Dr Sundermann and her colleagues had predicted that the sex differences "would be completely abolished" in the AD group. However, while it was abolished for delayed recall, women maintained an advantage over men on the RAVLT immediate recall score, although Dr Sundermann noted that "it was much, much smaller" in the AD group compared with controls and the MCI group.
"Maybe there's not a complete abolishment of the sex difference, but it's highly minimized in the AD stages," she said.
The study didn't find a relationship between hippocampal volume and memory performance in healthy older adults. Previous ADNI studies had shown similar findings, so this wasn't unexpected, said Dr Sundermann.
"We think this lack of relationship may reflect a threshold effect," she said. "As long as the hippocampal volume remains above a certain level, it may not be associated with memory."
Paradoxical Differences
The results might help explain what the authors called the "paradoxical" sex differences in the incidence of aMCI vs AD dementia.
Some studies have reported that more men are diagnosed with MCI whereas more women have AD dementia. In the current study, a greater proportion of men than women had aMCI (56.8% vs 48.5%; P < .002) and a greater proportion of women had AD, although this wasn't significant (19.7% vs 17.8%; P = .08).
"What may be going on is that if women have this advantage in verbal memory, they are perhaps getting diagnosed with MCI later than men, and then once their decline starts, they're declining faster," said Dr Sundermann.
It's possible that women who have MCI during this "shorter window of time" are being missed in studies that assess patients maybe only once every year or two, said Dr Sundermann.
She noted that verbal memory is typically the first cognitive domain that declines in AD, and it's tests of this domain that are used to diagnose MCI and AD.
Dr Sundermann and her colleagues now plan to calculate norms based on sex, as well as on age and education, for these cognitive tests.

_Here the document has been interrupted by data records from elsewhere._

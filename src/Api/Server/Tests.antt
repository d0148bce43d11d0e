-- ===== src/Api/Server/Tests.antt =====
-- The theorems on the whole server at two organisations.
use bangmod_monitor.Prelude.{
  String, true, false, Option, none, some, List, [], ◌∷◌, ◌++◌, All, ◌≡◌, refl, str_eq,
  if◌then◌else◌,
}
use bangmod_monitor.Prelude.Int.{pos}
use bangmod_monitor.Prelude.Text.{concat}
use bangmod_monitor.Api.Store.Hosts.{HostRow}
use bangmod_monitor.Api.Store.Billing.{Subscription, Invoice}
use bangmod_monitor.Api.Billing.{checkout_completed, invoice_paid, invoice_payment_failed}
use bangmod_monitor.Api.Accounts.{Claims}
use bangmod_monitor.Api.Config.{load}
use bangmod_monitor.Mq.{new_producer}
use bangmod_monitor.Api.Accounts.Sessions.{require_auth}
use bangmod_monitor.Api.Server.View.{LooksSame}
use bangmod_monitor.Api.Server.Isolation.{AreApart, serve_all-LooksSame}
use bangmod_monitor.Api.Server.Reading.{others_do_not_show}
use bangmod_monitor.Api.Server.Arrival.{received, posts, answers, IsAccepted, posts_arrive}
use bangmod_monitor.Prelude.Json.{Bytes}
use bangmod_monitor.Agent.Metrics.{Metrics}
use bangmod_monitor.Agent.Wal.Queue.{Holds, latest}
use bangmod_monitor.Agent.Cycle.{cycle}
use bangmod_monitor.Api.Cache.{get}
use bangmod_monitor.Api.Store.Hosts.{host_by_hash}
use bangmod_monitor.Api.Agents.Known.{Knows}
use bangmod_monitor.Api.Ingest.{AgentMetrics}
use bangmod_monitor.Api.Ingest.Arrival.{with_collections}
use bangmod_monitor.Api.Ingest.Arrival.Collected.{collected}
use bangmod_monitor.Api.Ingest.Arrival.Sample.{collection, codec, agent, agent-Holds, sunny}
use bangmod_monitor.Api.Server.{
  World, Env, agents_state, list_hosts, create_host, delete_host, Request, new_account,
  stripe_event, customer, serve, serve_all, boot,
}

abbrev session_of : String → Claims
session_of org = record { user_id = concat "u-" org; org_id = org; email = org; role = "admin" }

-- The token of a session is the organisation's id.
abbrev verify : String → Option Claims
verify token =
    if str_eq token "o1"
    then some (session_of "o1")
    else if str_eq token "o2"
    then some (session_of "o2")
    else none

abbrev env : Env
env = record {
  agents = record {
    db_fails = λ op. false;
    get_fails = false;
    set_fails = false;
    sha256 = concat "#";
    random = some "fresh";
    uuid = "h9";
    now = 5;
  };
  accounts = record {
    db_fails = λ op. false;
    same_email = str_eq;
    is_email = λ s. true;
    rune_count = λ s. 8;
    hash_password = λ p. some (concat "$" p);
    check_password = λ h p. str_eq h (concat "$" p);
    org_id = "o3";
    user_id = "u3";
    sub_id = "s3";
    region_id = "r3";
    now = 5;
    stripe_enabled = false;
    create_customer = λ mail name. none;
    sign = λ now claims. some "jwt";
  };
  ingest = record {
    agent_fails = false;
    disk_fails = false;
    net_fails = false;
    write_fails = false;
    marshal = λ m. some [];
    float32 = λ x. x;
  };
  probes = record {
    node_secret = "";
    now = pos 5;
    write_fails = λ n. false;
    insert_fails = λ n. false;
    marshal = λ m. some [];
  };
  billing = record {
    db_fails = λ op. false;
    uuid = "r9";
    now = 5;
    stripe_enabled = false;
    app_base_url = "http://localhost:3000";
    checkout_session = λ a b. none;
    portal_session = λ a b. none;
  };
  reads = record { db_fails = λ op. false; ch_fails = false };
  verify = verify;
}

abbrev host : String → String → HostRow
host id org = record {
  id = id;
  org_id = some org;
  name = id;
  token_hash = concat "#" id;
  region = "th";
  created_at = 1;
}

-- The subscription at Stripe has the organisation's id with an `s` before it.
abbrev subscription : String → Subscription
subscription org = record {
  id = org;
  org_id = org;
  plan_id = "plan-pro";
  stripe_customer_id = org;
  stripe_subscription_id = concat "s" org;
  status = "active";
  current_period_end = none;
  cancel_at_period_end = false;
}

abbrev invoice : String → String → Invoice
invoice id org = record {
  id = id;
  org_id = org;
  stripe_invoice_id = "in_1";
  amount_cents = pos 4900;
  currency = "usd";
  status = "paid";
  period_start = pos 0;
  period_end = pos 9;
  created_at = 1;
}

abbrev world : World
world = record {
  maria = record {
    orgs = [];
    users = [];
    hosts = host "h1" "o1" ∷ host "h2" "o2" ∷ [];
    plans = [];
    subscriptions = subscription "o1" ∷ subscription "o2" ∷ [];
    org_regions = [];
    invoices = invoice "i1" "o1" ∷ [];
  };
  cache = record { redis = []; enabled = true };
  tables = record { agent_metrics = []; disk_metrics = []; net_metrics = []; probe_results = [] };
  producer = record { enabled = false; broker = [] };
}

-- The second organisation tries to delete a host of the first, deletes its own and creates
-- another; a third one registers; Stripe tells of a payment of the second, of one that failed, and
-- of a checkout.
abbrev traffic : List (Env × Request)
traffic =
    (env, customer "Bearer o2" (delete_host "h1"))
    ∷ (env, customer "Bearer o2" (delete_host "h2"))
    ∷ (env, customer "Bearer o2" (create_host (some (record { name = "db"; region = "sg" }))))
    ∷ (env, customer "no bearer" (delete_host "h1"))
    ∷ (env, new_account (some (record { org_name = "C"; email = "c"; password = "passw0rd" })))
    ∷ (env, stripe_event (some (some (invoice_paid (some ("so2", "o2")) (invoice "" "")))))
    ∷ (env, stripe_event (some (some (invoice_payment_failed (some "so2")))))
    ∷ (env, stripe_event (some (some (checkout_completed (some ("o2", "so2", "active", pos 9))))))
    ∷ []

traffic-AreApart : AreApart "o1" world.maria traffic
unfolding require_auth
traffic-AreApart = (
  refl,
  (
    refl,
    (refl, (tt, (refl, ((refl, (refl, tt), (refl, tt)), ((refl, tt), ((refl, (refl, tt)), tt)))))),
  ),
)

serve_all-LooksSame_example : LooksSame "o1" world.maria (serve_all traffic world).maria
serve_all-LooksSame_example = serve_all-LooksSame "o1" traffic world traffic-AreApart

others_do_not_show_example :
    (serve env (customer "Bearer o1" list_hosts) (serve_all traffic world)).0
    ≡ (serve env (customer "Bearer o1" list_hosts) world).0
unfolding require_auth
others_do_not_show_example =
    others_do_not_show traffic world env "Bearer o1" (session_of "o1") list_hosts traffic-AreApart
      refl tt

world-Knows : Knows env.agents "h1" "h1" "o1" (agents_state world)
unfolding host_by_hash get
world-Knows = record {
  coherent = λ hash host_id org_id h. cc;
  plain = (refl, (refl, tt));
  found = refl;
}

abbrev decode : Bytes → Option AgentMetrics
decode b = some (received collection)

abbrev encode : String → Metrics → Bytes
encode token c = 49 ∷ []

posts_arrive_example :
    let sent = latest 2000 (collection ∷ []) ++ collection ∷ [] in
    let requests = posts env decode encode "h1" sent in
    ((cycle codec sunny collection agent).delivered ≡ [] ++ sent)
    × Holds codec (cycle codec sunny collection agent).file []
    × All IsAccepted (answers requests world)
    × ((serve_all requests world).tables
        ≡ with_collections (collected "default" (λ x. x) "h1") sent world.tables)
posts_arrive_example =
    posts_arrive codec sunny collection agent (collection ∷ []) env decode encode "h1" "h1" "o1"
      world (λ n. refl) refl agent-Holds (refl, (refl, tt)) refl
      (record { agent = refl; disk = refl; net = refl }) world-Knows refl

-- The server does not start without its broker, where one is configured.
no_broker :
    boot
      (record (load (λ key. "")) { redpanda_brokers = "localhost:19092" ∷ [] })
      (record {
        opens_maria = true;
        migrates_maria = true;
        opens_clickhouse = true;
        migrates_clickhouse = true;
        dials_broker = false;
      })
    ≡ none
unfolding boot new_producer
no_broker = refl
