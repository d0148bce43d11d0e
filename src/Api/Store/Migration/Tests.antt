-- ===== src/Api/Store/Migration/Tests.antt =====
-- The theorem on migrations at one that stops at its fourth statement.
use bangmod_monitor.Prelude.{ℕ, Bool, true, false, [], ◌≡◌, ◌==◌}
use bangmod_monitor.Api.Store.Migration.{Database, migrate}
use bangmod_monitor.Api.Store.Migration.Reruns.{never, migrated, migrate_reruns}

abbrev nothing : Database
nothing = record {
  schema = record {
    orgs = false;
    users = false;
    hosts = false;
    probe_targets = false;
    plans = false;
    subscriptions = false;
    org_regions = false;
    invoices = false;
    hosts_org_id = false;
  };
  maria = record {
    orgs = [];
    users = [];
    hosts = [];
    plans = [];
    subscriptions = [];
    org_regions = [];
    invoices = [];
  };
}

abbrev third_fails : ℕ → Bool
third_fails n = n == 3

migrate_reruns_example : migrate never (migrate third_fails nothing).1 ≡ (true, migrated nothing)
migrate_reruns_example = migrate_reruns third_fails nothing
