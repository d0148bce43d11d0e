-- ===== src/Api/Stripe.antt =====
-- api/billing/stripe.go: the service that calls Stripe, whose library's calls are arguments, and
-- the addresses that api/handler/billing.go gives it.
pub mod Links
use bangmod_monitor.Prelude.{ℕ, String, Bool, true, false, not, Option, none, some, if◌then◌else◌}
use bangmod_monitor.Prelude.Text.{concat, is_empty}

pub record StripeService : Type 0 where
  pub secret_key : String
  pub webhook_secret : String
  pub region_price_id : String
  pub enabled : Bool

-- NewStripe, but for the key that it sets in the library
unfoldable new_stripe : String → String → String → StripeService
new_stripe secret_key webhook_secret region_price_id = record {
  secret_key = secret_key;
  webhook_secret = webhook_secret;
  region_price_id = region_price_id;
  enabled = not (is_empty secret_key);
}

-- CreateCustomer: a service that is not enabled gives an empty id, and no error.
unfoldable create_customer :
    StripeService → (String → String → Option String) → String → String → Option String
create_customer svc customer email org_name =
    if not svc.enabled then some "" else customer email org_name

pub record CheckoutParams : Type 0 where
  pub customer : String
  pub mode : String
  pub success_url : String
  pub cancel_url : String
  pub price : String
  pub quantity : ℕ
  -- the metadata `price_id` of the subscription
  pub price_id : String

-- CreateCheckoutSession: the URL of the session
unfoldable create_checkout_session :
    StripeService
    → (CheckoutParams → Option String)
    → String
    → String
    → String
    → String
    → Option String
create_checkout_session svc session customer price success_url cancel_url =
    if not svc.enabled
    then none
    else session (record {
      customer = customer;
      mode = "subscription";
      success_url = concat success_url "?session_id={CHECKOUT_SESSION_ID}";
      cancel_url = cancel_url;
      price = price;
      quantity = 1;
      price_id = price;
    })

-- The call of Checkout in the handler, for the base URL of the dashboard
pub checkout_session :
    StripeService → (CheckoutParams → Option String) → String → String → String → Option String
unfolding create_checkout_session
checkout_session svc session base customer price =
    create_checkout_session svc session customer price (concat base "/billing?success=1")
      (concat base "/billing?canceled=1")

-- CreatePortalSession
unfoldable create_portal_session :
    StripeService → (String → String → Option String) → String → String → Option String
create_portal_session svc session customer return_url =
    if not svc.enabled then none else session customer return_url

-- ConstructWebhookEvent: the library checks the signature of the payload with the secret.
unfoldable construct_webhook_event :
    {E : Type 0}
    → StripeService
    → (String → String → String → Option E)
    → String
    → String
    → Option E
construct_webhook_event svc construct payload signature =
    construct payload signature svc.webhook_secret
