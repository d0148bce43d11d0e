-- ===== src/Api/Stripe/Links.antt =====
-- What the dashboard reads of the address to which Stripe sends a customer back.
use Prim.Native.Char.{code}
use bangmod_monitor.Prelude.{
  String, true, false, ◌≡◌, refl, ap, ◌∙◌, Option, none, some, List, [], ◌∷◌, arith, str_eq, ◌==◌,
  if◌then◌else◌,
}
use bangmod_monitor.Prelude.Text.{Cut, whole, parts, concat, concat_assoc, split, split_n}
use bangmod_monitor.Api.Stripe.{StripeService, CheckoutParams, checkout_session}

-- The query of a URL: what follows its first question mark
abbrev query_of_cut : Cut → String
query_of_cut (whole s) = ""
query_of_cut (parts s query) = query

abbrev value_of_cut : String → Cut → Option String
value_of_cut name (whole s) = if str_eq s name then some "" else none
value_of_cut name (parts k v) = if str_eq k name then some v else none

abbrev first_value : String → List String → Option String
first_value name [] = none
first_value name (p ∷ ps) =
    let rest = first_value name ps in
    elim (value_of_cut name (split_n b'=' p)) [ some v ↦ some v | none ↦ rest ]

-- A parameter of a URL, its escapes apart
parameter : String → String → Option String
parameter name url = first_value name (split b'&' (query_of_cut (split_n b'?' url)))

-- no question mark
abbrev NoQuery : String → Type 0
NoQuery String.[] = Unit
NoQuery (String.◌∷◌ c s) = ((code c == b'?') ≡ false) × NoQuery s

billing_query :
    (base query : String)
    → NoQuery base
    → split_n b'?' (concat base (concat "/billing?" query)) ≡ parts (concat base "/billing") query
billing_query String.[] query h = refl
billing_query (String.◌∷◌ c s) query (p, h) = ground (arith, billing_query s query h)

parameter-billing :
    (name base query : String)
    → NoQuery base
    → parameter name (concat base (concat "/billing?" query)) ≡ first_value name (split b'&' query)
unfolding parameter
parameter-billing name base query h =
    ap (λ c. first_value name (split b'&' (query_of_cut c))) (billing_query base query h)

-- Where Stripe is enabled and the address of the dashboard has no query, the customer of a paid
-- checkout is sent back to a page whose parameter `success` is not "1" but has the text of the
-- session's parameter behind it, and which has no parameter `session_id`; the customer of one that
-- is canceled, to a page whose parameter `canceled` is "1".
checkout_links :
    (svc : StripeService) (session : CheckoutParams → Option String) (base customer price : String)
    → svc.enabled ≡ true
    → NoQuery base
    → (p : CheckoutParams) × (checkout_session svc session base customer price ≡ session p)
      × (parameter "success" p.success_url ≡ some "1?session_id={CHECKOUT_SESSION_ID}")
      × (parameter "session_id" p.success_url ≡ none)
      × (parameter "canceled" p.cancel_url ≡ some "1")
unfolding checkout_session
checkout_links svc session base customer price on plain =
    let back = concat_assoc base "/billing?success=1" "?session_id={CHECKOUT_SESSION_ID}" in
    let query : String = "success=1?session_id={CHECKOUT_SESSION_ID}" in
    (
      record {
        customer = customer;
        mode = "subscription";
        success_url = concat (concat base "/billing?success=1") "?session_id={CHECKOUT_SESSION_ID}";
        cancel_url = concat base "/billing?canceled=1";
        price = price;
        quantity = 1;
        price_id = price;
      },
      rw on refl,
      ap (parameter "success") back ∙ parameter-billing "success" base query plain,
      ap (parameter "session_id") back ∙ parameter-billing "session_id" base query plain,
      parameter-billing "canceled" base "canceled=1" plain,
    )
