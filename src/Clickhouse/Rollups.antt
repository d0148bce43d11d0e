-- ===== src/Clickhouse/Rollups.antt =====
-- api/storage/clickhouse.go: the materialised views that Migrate creates, what an insert writes into
-- them, the merges of their parts in the background, and QueryRollupMetrics. The state of an
-- aggregate is the list of the values that it has seen; the average over it is an argument.
pub mod Groups
pub mod Agreement
mod Tests
use bangmod_monitor.Prelude.{
  ℕ, zero, suc, ◌+◌, ◌*◌, filter, ◌/◌, String, Bool, true, false, ◌&&◌, ◌≡◌, ◌↔◌, Option, none,
  some, List, [], ◌∷◌, ◌++◌, map, take, flat_map, str_eq, eq_iff, arith, ltb, ◌==◌, if◌then◌else◌,
}
use bangmod_monitor.Prelude.Int.{ℤ, pos, negsuc}
use bangmod_monitor.Prelude.Float.{Float32, Float64}
use bangmod_monitor.Clickhouse.{AgentMetricRow, ProbeRow, Tables}
use bangmod_monitor.Clickhouse.Queries.{MetricPoint, recent_metrics}

-- The columns of a view's key beside the time
pub record Key (G : Type 0) : Type 0 where
  pub same : G → G → Bool
  pub same_iff : (a b : G) → (same a b ≡ true) ↔ (a ≡ b)

abbrev pub by_host : Key String
by_host = record { same = str_eq; same_iff = eq_iff }

pub record ViewRow (G V : Type 0) : Type 0 where
  pub group : G
  pub start : ℕ
  pub state : List V

-- A table in its parts, each written by one insert or merged from its neighbours
abbrev pub View : Type 0 → Type 0 → Type 0
View G V = List (List (ViewRow G V))

module _ {G V : Type 0} (k : Key G) where
  -- The states of one key are put together, the earlier values first.
  abbrev pub add_row : ViewRow G V → List (ViewRow G V) → List (ViewRow G V)
  add_row r [] = r ∷ []
  add_row r (s ∷ l) =
      if k.same r.group s.group && r.start == s.start
      then (record s { state = r.state ++ s.state }) ∷ l
      else s ∷ add_row r l

  -- GROUP BY of the views, and the merge of an AggregatingMergeTree
  pub group_rows : List (ViewRow G V) → List (ViewRow G V)
  group_rows [] = []
  group_rows (r ∷ l) = add_row r (group_rows l)

  pub insert_block : List (ViewRow G V) → View G V → View G V
  unfolding group_rows
  insert_block rows v = v ++ group_rows rows ∷ []

  -- The part at the place `n` and the one behind it become one.
  pub merge_parts : ℕ → View G V → View G V
  unfolding group_rows
  merge_parts n [] = []
  merge_parts zero (p ∷ []) = p ∷ []
  merge_parts zero (p ∷ q ∷ v) = group_rows (p ++ q) ∷ v
  merge_parts (suc n) (p ∷ v) = p ∷ merge_parts n v

-- A row of a query with GROUP BY and ORDER BY start DESC
pub record Bucket (V : Type 0) : Type 0 where
  pub start : ℕ
  pub state : List V

module _ {V : Type 0} where
  abbrev pub add_bucket : Bucket V → List (Bucket V) → List (Bucket V)
  add_bucket b [] = b ∷ []
  add_bucket b (c ∷ l) =
      if b.start == c.start
      then (record c { state = b.state ++ c.state }) ∷ l
      else if ltb c.start b.start
      then b ∷ c ∷ l
      else c ∷ add_bucket b l

abbrev pub bucket_of : {G V : Type 0} → ViewRow G V → Bucket V
bucket_of r = record { start = r.start; state = r.state }

module _ {G V : Type 0} (k : Key G) (g : G) where
  abbrev pub add_if : ViewRow G V → List (Bucket V) → List (Bucket V)
  add_if r acc = if k.same r.group g then add_bucket (bucket_of r) acc else acc

  -- The rows of one group, put together by their start, in front of those of `acc`
  abbrev pub merged_into : List (ViewRow G V) → List (Bucket V) → List (Bucket V)
  merged_into [] acc = acc
  merged_into (r ∷ l) acc = add_if r (merged_into l acc)

  abbrev pub merged : List (ViewRow G V) → List (Bucket V)
  merged l = merged_into l []

-- toStartOfMinute and toStartOfHour; a DateTime is not before 1970.
abbrev start_of : ℕ → ℤ → ℕ
start_of width (pos n) = n / width * width
start_of width (negsuc n) = 0

pub record Usage : Type 0 where
  pub cpu : Float32
  pub mem : Float32

-- What one row of agent_metrics adds to the view with buckets of `width` seconds
abbrev pub usage_row : ℕ → AgentMetricRow → ViewRow String Usage
usage_row width r = record {
  group = r.host_id;
  start = start_of width r.timestamp;
  state = (record { cpu = r.cpu_percent; mem = r.mem_percent }) ∷ [];
}

pub record Check : Type 0 where
  pub is_up : ℕ
  pub response_ms : ℕ

pub record Target : Type 0 where
  pub target_url : String
  pub region : String

abbrev same_target : Target → Target → Bool
same_target a b = str_eq a.target_url b.target_url && str_eq a.region b.region

pub same_target_iff : (a b : Target) → (same_target a b ≡ true) ↔ (a ≡ b)
same_target_iff a b = (
  ground (arith, eq_iff a.target_url b.target_url, eq_iff a.region b.region),
  ground (arith, eq_iff a.target_url b.target_url, eq_iff a.region b.region),
)

abbrev pub by_target : Key Target
by_target = record { same = same_target; same_iff = same_target_iff }

abbrev pub check_row : ProbeRow → ViewRow Target Check
check_row r = record {
  group = record { target_url = r.target_url; region = r.region };
  start = start_of 60 r.timestamp;
  state = (record { is_up = r.is_up; response_ms = r.response_ms }) ∷ [];
}

-- The tables and the three views over them
pub record Rolled : Type 0 where
  pub tables : Tables
  pub agent_metrics_1m : View String Usage
  pub agent_metrics_1h : View String Usage
  pub probe_results_1m : View Target Check

-- Blocks of rows that are inserted, merges of two parts of a view, and the removal of what has
-- expired at a time, which ClickHouse makes a part of some merges
pub data Event : Type 0 where
  insert_metrics : List AgentMetricRow → Event
  insert_results : List ProbeRow → Event
  merge_1m merge_1h merge_probes : ℕ → Event
  expire : ℕ → Event

-- The TTLs of the tables, in seconds; a DateTime is not before 1970.
abbrev days : ℕ → ℕ
days n = n * 86400

abbrev is_live : ℕ → ℤ → Bool
is_live now (pos t) = ltb now (t + days 30)
is_live now (negsuc t) = false

abbrev live_rows : {G V : Type 0} → ℕ → ℕ → View G V → View G V
live_rows n now v = map (λ rows. filter (λ r. ltb now (r.start + days n)) rows) v

unfoldable pub step : Event → Rolled → Rolled
unfolding insert_block merge_parts
step (insert_metrics rows) d = record d {
  tables = record d.tables { agent_metrics = d.tables.agent_metrics ++ rows };
  agent_metrics_1m = insert_block by_host (map (usage_row 60) rows) d.agent_metrics_1m;
  agent_metrics_1h = insert_block by_host (map (usage_row 3600) rows) d.agent_metrics_1h;
}
step (insert_results rows) d = record d {
  tables = record d.tables { probe_results = d.tables.probe_results ++ rows };
  probe_results_1m = insert_block by_target (map check_row rows) d.probe_results_1m;
}
step (merge_1m n) d = record d { agent_metrics_1m = merge_parts by_host n d.agent_metrics_1m }
step (merge_1h n) d = record d { agent_metrics_1h = merge_parts by_host n d.agent_metrics_1h }
step (merge_probes n) d = record d { probe_results_1m = merge_parts by_target n d.probe_results_1m }
step (expire now) d = record {
  tables = record {
    agent_metrics = filter (λ r. is_live now r.timestamp) d.tables.agent_metrics;
    disk_metrics = filter (λ r. is_live now r.timestamp) d.tables.disk_metrics;
    net_metrics = filter (λ r. is_live now r.timestamp) d.tables.net_metrics;
    probe_results = filter (λ r. is_live now r.timestamp) d.tables.probe_results;
  };
  agent_metrics_1m = live_rows 90 now d.agent_metrics_1m;
  agent_metrics_1h = live_rows 365 now d.agent_metrics_1h;
  probe_results_1m = live_rows 90 now d.probe_results_1m;
}

unfoldable pub run : List Event → Rolled → Rolled
unfolding step
run [] d = d
run (e ∷ es) d = run es (step e d)

-- What Migrate leaves in an empty database
pub created : Rolled
created = record {
  tables = record { agent_metrics = []; disk_metrics = []; net_metrics = []; probe_results = [] };
  agent_metrics_1m = [];
  agent_metrics_1h = [];
  probe_results_1m = [];
}

-- The average, and the scan of its result into a float32, which the driver may refuse
module _ (avg : List Float32 → Float64) (scan : Float64 → Option Float32) where
  abbrev scan_point : Bucket Usage → Option Float32 → Option Float32 → Option MetricPoint
  scan_point b (some cpu) (some mem) =
      some (record { timestamp = pos b.start; cpu_percent = cpu; mem_percent = mem })
  scan_point b (some cpu) none = none
  scan_point b none mem = none

  abbrev scanned : Option MetricPoint → Option (List MetricPoint) → Option (List MetricPoint)
  scanned (some p) (some ps) = some (p ∷ ps)
  scanned (some p) none = none
  scanned none ps = none

  pub scan_points : List (Bucket Usage) → Option (List MetricPoint)
  scan_points [] = some []
  scan_points (b ∷ bs) =
      scanned
        (scan_point b (scan (avg (map (λ u. u.cpu) b.state)))
          (scan (avg (map (λ u. u.mem) b.state))))
        (scan_points bs)

  abbrev pub or_recent : String → ℕ → Tables → Option (List MetricPoint) → Option (List MetricPoint)
  or_recent host limit t none = none
  or_recent host limit t (some []) = some (recent_metrics host limit t)
  or_recent host limit t (some (p ∷ ps)) = some (p ∷ ps)

  -- QueryRollupMetrics; the query of the raw table does not fail.
  pub rollup_metrics : Bool → String → ℕ → Rolled → Option (List MetricPoint)
  unfolding scan_points
  rollup_metrics query_fails host limit d =
      if query_fails
      then some (recent_metrics host limit d.tables)
      else or_recent host limit d.tables
          (scan_points (take limit (merged by_host host (flat_map (λ p. p) d.agent_metrics_1m))))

"We will then apply those to the data and see if perhaps we're picking up more women with MCI who with previous norms were identified as normal because their advantage in verbal memory might have masked any pathology that they already had."
Mary Sano, PhD, director, Alzheimer Disease Research Center, professor, Department of Psychiatry, Mount Sinai School of Medicine, and director of research, James J Peters Veterans Affairs Medical Center, Bronx, New York, coauthored an editorial that accompanied the study.
A "take-away" from this study for clinicians is that they might consider baseline cognitive testing in women, Dr Sano told Medscape Medical News. "The most important thing is not what your score is, but whether it's a change from where you used to be."
Clinicians might also consider taking more seriously a female patient's subjective memory symptoms, even if their initial impression is that the patient is cognitively intact, said Dr Sano. "Women's cognitive resilience is so high that unless you have an opportunity to watch whether or not it's changing, you might miss it."
The field in general needs to find better ways to detect early cognitive changes in women, possibly with more challenging tests or with better normative data, said Dr Sano.
Dr Sundermann and Dr Sano have disclosed no relevant financial relationships.